-- ===== src/ColumnStats/Resources.antt =====
-- 15-db/main.c gives back what it takes of the libraries, and prints only what it has checked.
use otus_c.Common.{ℕ, ◌≡◌, ◌⊎◌, refl, arith, Bool, true, false, not, ◌||◌, ◌&&◌, Option, none, some}
use otus_c.Common.{List, [], ◌∷◌, if◌then◌else◌, Text, text, str_eq, Bool-cases, Option-cases}
use otus_c.Common.{inl, inr}
use otus_c.ColumnStats.{
  Call, pq_connectdb, pq_finish, pq_exec, pq_clear, sqlite3_open, sqlite3_close,
}
use otus_c.ColumnStats.{
  sqlite3_prepare, sqlite3_finalize, print, Run, Postgres, Sqlite, main, run_postgres,
}
use otus_c.ColumnStats.{
  run_sqlite, aggregate, is_numeric_oid, passes, quits, arg, sqlite_check, unconnected, refused,
  answered,
}

-- What is taken and not given back: a connection, a result, a database, a statement.
pub record Taken : Type 0 where
  pub connection : Bool
  pub result : Bool
  pub database : Bool
  pub statement : Bool

abbrev pub nothing : Taken
nothing = record { connection = false; result = false; database = false; statement = false }

abbrev allowed : Bool → Taken → Option Taken
allowed b h = if b then some h else none

-- What a call may be made with, and what it takes and gives back. A statement that could not be
-- prepared is NULL, and finalizing it does nothing.
abbrev pub use_call : Call → Taken → Option Taken
use_call (pq_connectdb info) h = allowed (not h.connection) (record h { connection = true })
use_call pq_finish h = allowed (h.connection && not h.result) (record h { connection = false })
use_call (pq_exec query) h = allowed (h.connection && not h.result) (record h { result = true })
use_call pq_clear h = allowed h.result (record h { result = false })
use_call (sqlite3_open path) h = allowed (not h.database) (record h { database = true })
use_call sqlite3_close h = allowed (h.database && not h.statement) (record h { database = false })
use_call (sqlite3_prepare query ok) h =
    allowed (h.database && not h.statement) (record h { statement = ok })
use_call sqlite3_finalize h = allowed h.database (record h { statement = false })
use_call (print row) h = allowed (h.result || h.statement) h

abbrev pub replay : List Call → Taken → Option Taken
replay [] h = some h
replay (c ∷ cs) h = elim (use_call c h) [ none ↦ none | some h' ↦ replay cs h' ]

-- A property of all runs is one of each.
run_postgres_cases :
    (P : Run → Type 0) (k : Postgres) (argv : List Text)
    → P (quits [])
    → P (unconnected argv)
    → P (refused argv)
    → ((t : ℕ)
        → k.connected ≡ true
        → k.column ≡ some t
        → is_numeric_oid t ≡ true
        → P (answered k argv))
    → P (run_postgres k argv)
unfolding run_postgres
run_postgres_cases P k argv a b c d = elim (Option-cases k.column) [
  | inl e ↦ rw (run_postgres, e) (ground arith)
  | inr (t, e) ↦ elim (Bool-cases (is_numeric_oid t)) [
    | inl p ↦ rw (run_postgres, e, p) (ground (arith, d t))
    | inr p ↦ rw (run_postgres, e, p) (ground arith)
  ]
]

run_sqlite_cases :
    (P : Run → Type 0) (k : Sqlite) (argv : List Text)
    → P (quits [])
    → (k.opens ≡ false → P (quits (sqlite3_open (arg argv 2) ∷ [])))
    → P (quits (sqlite_check argv false (sqlite3_close ∷ [])))
    → P (quits (sqlite_check argv true (sqlite3_finalize ∷ sqlite3_close ∷ [])))
    → (k.prepares ≡ true
        → passes k.first_row ≡ true
        → P (record {
          success = true;
          calls = sqlite_check argv true (sqlite3_finalize ∷ aggregate k argv);
        }))
    → P (run_sqlite k argv)
unfolding run_sqlite
run_sqlite_cases P k argv a b c d e = ground arith

main_cases :
    (P : Run → Type 0) (p : Postgres) (s : Sqlite) (argv : List Text)
    → P (quits [])
    → (str_eq (arg argv 1) (text "postgres") ≡ true → P (run_postgres p argv))
    → (str_eq (arg argv 1) (text "sqlite") ≡ true → P (run_sqlite s argv))
    → P (main p s argv)
unfolding main
main_cases P p s argv a b c = ground arith

aggregate-replay :
    (k : Sqlite) (argv : List Text)
    → replay (aggregate k argv) (record nothing { database = true }) ≡ some nothing
unfolding aggregate
aggregate-replay k argv = elim (Bool-cases k.prepares_query) [
  | inr p ↦ rw (aggregate, p) refl
  | inl p ↦ elim (Option-cases k.row) [
    | inl e ↦ rw (aggregate, p, e) refl
    | inr (row, e) ↦ rw (aggregate, p, e) refl
  ]
]

abbrev IsReleased : Run → Type 0
IsReleased r = replay r.calls nothing ≡ some nothing

-- Where the file of the database opens, if it comes to that, the program makes no call that it may
-- not make, and whatever it was given by the libraries it has given back at its end, on every path.
pub main-released :
    (p : Postgres) (s : Sqlite) (argv : List Text)
    → s.opens ≡ true
    → replay (main p s argv).calls nothing ≡ some nothing
main-released p s argv o =
    main_cases IsReleased p s argv refl
      (λ c. run_postgres_cases IsReleased p argv refl refl refl (λ t a b d. refl))
      (λ c.
        run_sqlite_cases IsReleased s argv refl (λ q. absurd (ground (arith, o, q))) refl refl
          (λ a b. aggregate-replay s argv))

abbrev pub prints : List Call → Bool
prints [] = false
prints (print row ∷ cs) = true
prints (_ ∷ cs) = prints cs

-- The column was found to have numbers, by the database that was asked for.
abbrev pub IsNumeric : Postgres → Sqlite → List Text → Type 0
IsNumeric p s argv =
    ((str_eq (arg argv 1) (text "postgres") ≡ true)
      × (p.connected ≡ true)
      × ((t : ℕ) × (p.column ≡ some t) × (is_numeric_oid t ≡ true)))
    ⊎ ((str_eq (arg argv 1) (text "sqlite") ≡ true)
        × (s.prepares ≡ true)
        × (passes s.first_row ≡ true))

-- Statistics are printed only of a column whose type was found to be numeric, or of a column in
-- sqlite that has no first row or a NULL there.
pub main-IsNumeric :
    (p : Postgres) (s : Sqlite) (argv : List Text)
    → prints (main p s argv).calls ≡ true
    → IsNumeric p s argv
main-IsNumeric p s argv =
    let P : Run → Type 0 = λ r. prints r.calls ≡ true → IsNumeric p s argv in
    let no : false ≡ true → IsNumeric p s argv = λ e. absurd (ground (arith, e)) in
    main_cases P p s argv no
      (λ c. run_postgres_cases P p argv no no no (λ t a b d e. inl (c, a, (t, b, d))))
      (λ c. run_sqlite_cases P s argv no (λ q. no) no no (λ a b e. inr (c, a, b)))
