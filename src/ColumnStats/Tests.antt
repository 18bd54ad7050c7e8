-- ===== src/ColumnStats/Tests.antt =====
-- Runs of 15-db/main.c.
use otus_c.Common.{◌≡◌, refl, true, false, none, some, List, [], ◌∷◌, Text, text}
use otus_c.ColumnStats.{Postgres, Sqlite, integer, textual, main}
use otus_c.ColumnStats.Resources.{replay, nothing, prints, main-released}

abbrev postgres : Postgres
postgres = record {
  connected = true;
  column = some 23;
  row = some (text "1") ∷ some (text "2") ∷ [];
}

abbrev sqlite : Sqlite
sqlite = record {
  opens = true;
  prepares = true;
  first_row = some integer;
  prepares_query = true;
  row = some (some (text "1.5") ∷ none ∷ []);
}

abbrev argv : List Text
argv = text "stats" ∷ text "sqlite" ∷ text "a.db" ∷ text "t" ∷ text "c" ∷ []

main-released_example : replay (main postgres sqlite argv).calls nothing ≡ some nothing
main-released_example = main-released postgres sqlite argv refl

does_print : prints (main postgres sqlite argv).calls ≡ true
unfolding main
does_print = refl

-- A database that does not open is not closed.
not_closed :
    replay (main postgres (record sqlite { opens = false }) argv).calls nothing
    ≡ some (record nothing { database = true })
unfolding main
not_closed = refl

text_refused :
    prints (main postgres (record sqlite { first_row = some textual }) argv).calls ≡ false
unfolding main
text_refused = refl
____
_Task statement_.
Your task is to transcribe the line containing "prepares = true;" and every line after it, through the last line of the data, exactly as written and with nothing more.

_Result_.
  prepares = true;
  first_row = some integer;
  prepares_query = true;
  row = some (some (text "1.5") ∷ none ∷ []);
}

abbrev argv : List Text
argv = text "stats" ∷ text "sqlite" ∷ text "a.db" ∷ text "t" ∷ text "c" ∷ []

main-released_example : replay (main postgres sqlite argv).calls nothing ≡ some nothing
main-released_example = main-released postgres sqlite argv refl

does_print : prints (main postgres sqlite argv).calls ≡ true
unfolding main
does_print = refl

-- A database that does not open is not closed.
not_closed :
    replay (main postgres (record sqlite { opens = false }) argv).calls nothing
    ≡ some (record nothing { database = true })
unfolding main
not_closed = refl

text_refused :
    prints (main postgres (record sqlite { first_row = some textual }) argv).calls ≡ false
unfolding main
text_refused = refl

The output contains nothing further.